This week's Rakudo day arrived, and I dug in to RT to see what I could do.
First, I ran accross a ticket that reported a problem with assignment of match objects. I thought we'd have fixed it while doing the assignment refactors, and after a quick check I found that we had. However, it seemed we didn't have any tests for that (unless I missed them), so I added some more. In doing so, I noticed that a test that relied on being able to check a Match object was of type Match failed. A one-line patch to Rakudo soon resolved that one, and later in the day I found a second ticket explicitly about that issue that the same fix also resolved.

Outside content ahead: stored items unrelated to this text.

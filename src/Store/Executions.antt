-- ===== src/Store/Executions.antt =====
-- `SqlAlchemyExecutionRepository` of app/db/repositories.py.
use cat_game_backend.Base.{
  ℕ, ◌+◌, String, Bool, not, ◌||◌, none, some, ◌==◌, str_eq, if◌then◌else◌, ℤ, pos, ltb_ℤ,
}
use cat_game_backend.Core.Error.{value_error, ok, idempotency_conflict, runtime_error}
use cat_game_backend.Store.Rows.{
  GachaExecution, execution_row, ResultData, ClaimStatus, acquired, completed, hash_conflict,
  is_completed,
}
use cat_game_backend.Store.Table.{find, insert_row, put}
use cat_game_backend.Store.Session.{Db, Tx, or_raise, raise, ◌>>=◌, ◌>>◌, modify_db, raise_if}

-- `ExecutionClaim` of app/core/repository_contracts.py.
pub record ExecutionClaim : Type 0 where
  pub status : ClaimStatus
  pub execution : GachaExecution

unfoldable pub new_execution : ℕ → ℕ → String → String → Db → GachaExecution
new_execution user_id request_id request_hash operation_type db = record {
  id = db.next_id;
  public_id = db.generated db.next_id;
  user_id = user_id;
  request_id = request_id;
  request_hash = request_hash;
  operation_type = operation_type;
  status = acquired;
  draw_count = none;
  balance_cost = pos 0;
  result_data = none;
}

-- The status of a claim whose request id has a row already.
unfoldable pub claim_status : GachaExecution → ℕ → String → ClaimStatus
claim_status e user_id request_hash =
    if not (e.user_id == user_id) || not (str_eq e.request_hash request_hash)
    then hash_conflict
    else (if is_completed e.status then completed else acquired)

abbrev pub has_request : ℕ → GachaExecution → Bool
has_request request_id e = e.request_id == request_id

-- `INSERT ... ON CONFLICT (request_id) DO NOTHING RETURNING`, then the row that was there.
unfoldable pub claim : ℕ → ℕ → String → String → Tx ExecutionClaim
unfolding find new_execution claim_status
claim user_id request_id request_hash operation_type s =
    elim (find (has_request request_id) s.db.executions) [
      | none ↦
          (let e = new_execution user_id request_id request_hash operation_type s.db in
            (
              ok (record { status = acquired; execution = e }),
              record s {
                db = record (s.db) {
                  executions = insert_row e s.db.executions;
                  next_id = s.db.next_id + 1;
                };
              },
            ))
      | some e ↦ (ok (record { status = claim_status e user_id request_hash; execution = e }), s)
    ]

-- `completed_at` is not modelled.
unfoldable pub complete : GachaExecution → ℤ → ResultData → Tx (Unit {0})
unfolding ◌>>=◌ raise_if modify_db put
complete execution balance_cost result_data = do
  raise_if (ltb_ℤ balance_cost (pos 0)) value_error
  let done = record execution {
    balance_cost = balance_cost;
    result_data = some result_data;
    status = completed;
  }
  modify_db (λ db. record db { executions = put done db.executions })

-- The two tests on a claim with which every command goes on: a conflict raises, a completed
-- request is answered with its stored result.
unfoldable pub replay_or : ExecutionClaim → Tx ResultData → Tx ResultData
unfolding or_raise raise
replay_or c fresh = elim (c.status) [
  | hash_conflict ↦ raise idempotency_conflict
  | completed ↦ or_raise (c.execution.result_data) runtime_error
  | acquired ↦ fresh
]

I then dug into a something that I thought would be a short job, but that then ended up swallowing up much of the day. Such are things when you end up in Parrot guts. For a variety of reasons, we've ended up with Perl6Str - a PMC - along with Str - the actual string class. There's not that much that we implement in C that is Rakudo-specific, but there is the odd thing that we do that way, and thus the PMC's existence. It subclasses the default Parrot String PMC, and Str subclasses Perl6String and also Any. From the Rakudo point of view, the fact it inherits from anything other than Any is really an implementation detail, hidden away. The problem I was aiming to resolve was that, in a bunch of places - in fact most of them - we were creating Perl6Str rather than Str.

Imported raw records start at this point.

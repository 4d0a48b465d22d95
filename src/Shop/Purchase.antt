-- ===== src/Shop/Purchase.antt =====
-- `purchase_item` of app/modules/shop/service.py.
use cat_game_backend.Base.{
  ℕ, String, Bool, false, Option, none, some, if◌then◌else◌, ℤ, pos, ◌-ℤ◌, ◌*ℤ◌, leb_ℤ, ltb_ℤ,
}
mod Outcome
pub mod Safety
pub mod Retry
pub mod Effect
use cat_game_backend.Core.Error.{
  Missing, resource_not_found, invalid_quantity, item_already_owned, insufficient_balance,
}
use cat_game_backend.Core.RequestHash.{Digest, Fields, field, end, int, str, build_request_hash}
use cat_game_backend.Store.Rows.{
  User, Item, Asset, GachaExecution, ResultData, advance_state_version, is_wallpaper,
}
use cat_game_backend.Store.Session.{Tx, pure, or_raise, raise_if, ◌>>=◌, ◌>>◌, commit}
use cat_game_backend.Store.Users
use cat_game_backend.Store.Items
use cat_game_backend.Store.Assets
use cat_game_backend.Store.Executions
use cat_game_backend.Store.Executions.{ExecutionClaim, replay_or}

-- `owned_asset is not None and owned_asset.quantity > 0`
abbrev pub is_owned : Option Asset → Bool
is_owned none = false
is_owned (some a) = ltb_ℤ (pos 0) a.quantity

-- A wallpaper is bought once.
unfoldable pub ensure_not_owned : User → Item → Tx (Unit {0})
unfolding ◌>>=◌ raise_if Assets.get_item_asset_for_update
ensure_not_owned user item =
    if is_wallpaper item.category
    then (do
      owned ← Assets.get_item_asset_for_update user.id item.id
      raise_if (is_owned owned) item_already_owned)
    else pure tt

-- The part of the transaction that a newly acquired claim runs.
unfoldable pub buy : User → GachaExecution → ℕ → ℕ → ℤ → Tx ResultData
unfolding ◌>>=◌ raise_if ensure_not_owned Items.get_by_public_id Users.save Assets.add_item_quantity
    Executions.complete commit advance_state_version
buy locked_user execution request_id item_public_id quantity = do
  found ← Items.get_by_public_id item_public_id
  item ← or_raise found (resource_not_found Missing.item)
  ensure_not_owned locked_user item
  let balance_cost = item.price *ℤ quantity
  raise_if (ltb_ℤ locked_user.balance balance_cost) insufficient_balance
  let user = record locked_user { balance = locked_user.balance -ℤ balance_cost }
  Users.save user
  asset ← Assets.add_item_quantity user.id item.id quantity
  let result_data =
      ResultData.purchase execution.public_id request_id item.public_id quantity asset.quantity
        user.balance
  Executions.complete execution balance_cost result_data
  Users.save (advance_state_version user)
  commit
  pure result_data

module _ (d : Digest) where
  abbrev pub purchase_payload : ℕ → ℤ → Fields
  purchase_payload item_public_id quantity =
      field "item_public_id" (str (d.uuid_text item_public_id))
        (field "quantity" (int quantity) end)

  unfoldable pub purchase_hash : ℕ → ℤ → String
  purchase_hash item_public_id quantity =
      build_request_hash d "ITEM_PURCHASE" (purchase_payload item_public_id quantity)

  unfoldable pub purchase_item : ℕ → ℕ → ℕ → ℤ → Tx ResultData
  unfolding ◌>>=◌ raise_if Users.get_by_public_id Users.get_for_update Executions.claim replay_or
      buy
  purchase_item user_public_id request_id item_public_id quantity = do
    raise_if (leb_ℤ quantity (pos 0)) invalid_quantity
    found ← Users.get_by_public_id user_public_id
    user ← or_raise found (resource_not_found Missing.user)
    locked ← Users.get_for_update user.id
    locked_user ← or_raise locked (resource_not_found Missing.user)
    let request_hash = purchase_hash item_public_id quantity
    claim ← Executions.claim user.id request_id request_hash "ITEM_PURCHASE"
    replay_or claim (buy locked_user claim.execution request_id item_public_id quantity)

Simply switching them over caused a bunch of test failures. Loads of them. The first thing I discovered was that isa didn't always give the right answers when you inherited from a PMC. That was an easy fix, and then showed up a small bug in P6Object (our implementation of the Perl 6 metamodel) that had relied on isa being broken. I did an initial fix that I thought would deal with it, later realized it wasn't quite right and then did the correct one (was all a bit subtle). More serious bugs lay ahead, however: not only had Parrot not always been giving correct results for 'isa', but also it got MMD wrong when you were using a high level class that inherited from more than one level of PMC. It partly boiled down to a bit of implementation marked TODO in the code that makes PMCs feel more like high level classes. I got that working, but the fact that we were now building the correct MRO exposed some more code that relied on that bug. Wondering if it would ever end, I patched that, and found myself back with a working Parrot and Rakudo, with Perl6Str references now replaced with Str. Needless to say, Parrot has done pretty well out of today's fixes. Of course, Rakudo depends on Parrot working well, so diving in to sort things like this out now and then is worthwhile (I could have tried to paper over this lot, but it would only have bit us another month or two down the road in a different way anyway, I'd expect). I also found and deleted some now-useless code in object initialization, which will maybe shave just a little time from it.

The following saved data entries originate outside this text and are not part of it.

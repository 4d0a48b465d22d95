-- ===== src/Store/Inversion.antt =====
-- What a block that returned has passed through: one rule for each guard.
use cat_game_backend.Base.{◌≡◌, refl, Bool, true, false, Option, none, some, arith, ◌⊎◌}
use cat_game_backend.Core.Error.{Error, Result, ok}
use cat_game_backend.Store.Rows.{ResultData, acquired, completed}
use cat_game_backend.Store.Executions.{ExecutionClaim, replay_or}
use cat_game_backend.Store.Session.{Session, Tx, or_raise, raise_if, ◌>>=◌}

module _ {A B : Type 0} where
  pub or_raise_bind-ok :
      (o : Option A) (e : Error) (f : A → Tx B) (s s' : Session) (b : B)
      → (or_raise o e >>= f) s ≡ (ok b, s')
      → (a : A) × (o ≡ some a) × (f a s ≡ (ok b, s'))
  unfolding ◌>>=◌
  or_raise_bind-ok none e f s s' b h = cc (ap₀ h)
    where
      ap₀ : {p q : Result B × Session} → p ≡ q → p.0 ≡ q.0
      ap₀ h = λ i. (h i).0
  or_raise_bind-ok (some a) e f s s' b h = (a, refl, h)

pub raise_if_bind-ok :
    {B : Type 0} (c : Bool) (e : Error) (f : Unit {0} → Tx B) (s s' : Session) (b : B)
    → (raise_if c e >>= f) s ≡ (ok b, s')
    → (c ≡ false) × (f tt s ≡ (ok b, s'))
unfolding ◌>>=◌ raise_if
raise_if_bind-ok true e f s s' b h = ground arith
raise_if_bind-ok false e f s s' b h = (refl, h)

-- A claim's transaction returned: it replayed a completed request, or it did the work.
pub replay_or-ok :
    (c : ExecutionClaim) (fresh : Tx ResultData) (s s' : Session) (r : ResultData)
    → replay_or c fresh s ≡ (ok r, s')
    → ((c.status ≡ completed) × (c.execution.result_data ≡ some r) × (s' ≡ s))
      ⊎ ((c.status ≡ acquired) × (fresh s ≡ (ok r, s')))
unfolding replay_or
replay_or-ok c fresh s s' r h = ground arith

One side-effect of the changes is that the previously failing test for using the 'is also' trait on the Str class now passes: you can add a new method and then do "foo".my_extra_method. Resolving this bug is another reason I set out on switching to using Str in the first place - I just hadn't expected it to lead that that many other fixes.
With much of my day sucked up by that, I dug into the RT queue. I found some tickets that had already had the issues they described solved, and closed them up, to keep the queue a bit cleaner. I then took on a segfault that Simon Cozens (who has been doing some great work on Perl 6 database interaction) discovered. Fixing up the problem in Rakudo was a one-line addition (it was a bug using attributes declared without a twigil).
However, Parrot really shouldn't segfault and I wanted to make sure it failed more gracefully next time. Looking in the debugger showed we were looking at garbage data, but didn't help me see why. Then I found that if I got the compiler to just spit out PIR, then tried to compile that PIR, it turned out it was invalid. A trace later, I realized that even if the PIR compiler bailed out at some point, it still tried to run the :init subs in the not-finished-compiling-yet bytecode. We now check if the compile actually succeeded before trying to run the resulting maybe-code!
I'd wanted to do more in Rakudo itself today, but ran out of time to finish anything more after that lot. I did, however, start work on a patch to get a much wanted feature:
class Foo {
has $.x = 42;
}
In place. That is, being able to set the initial value for an attribute. I'm not done yet, and I'm really too tired to finish it off properly today (having a bit of a cold doesn't help either), but maybe I can get it done over the weekend.
Thanks to Vienna.pm for funding today's fixes.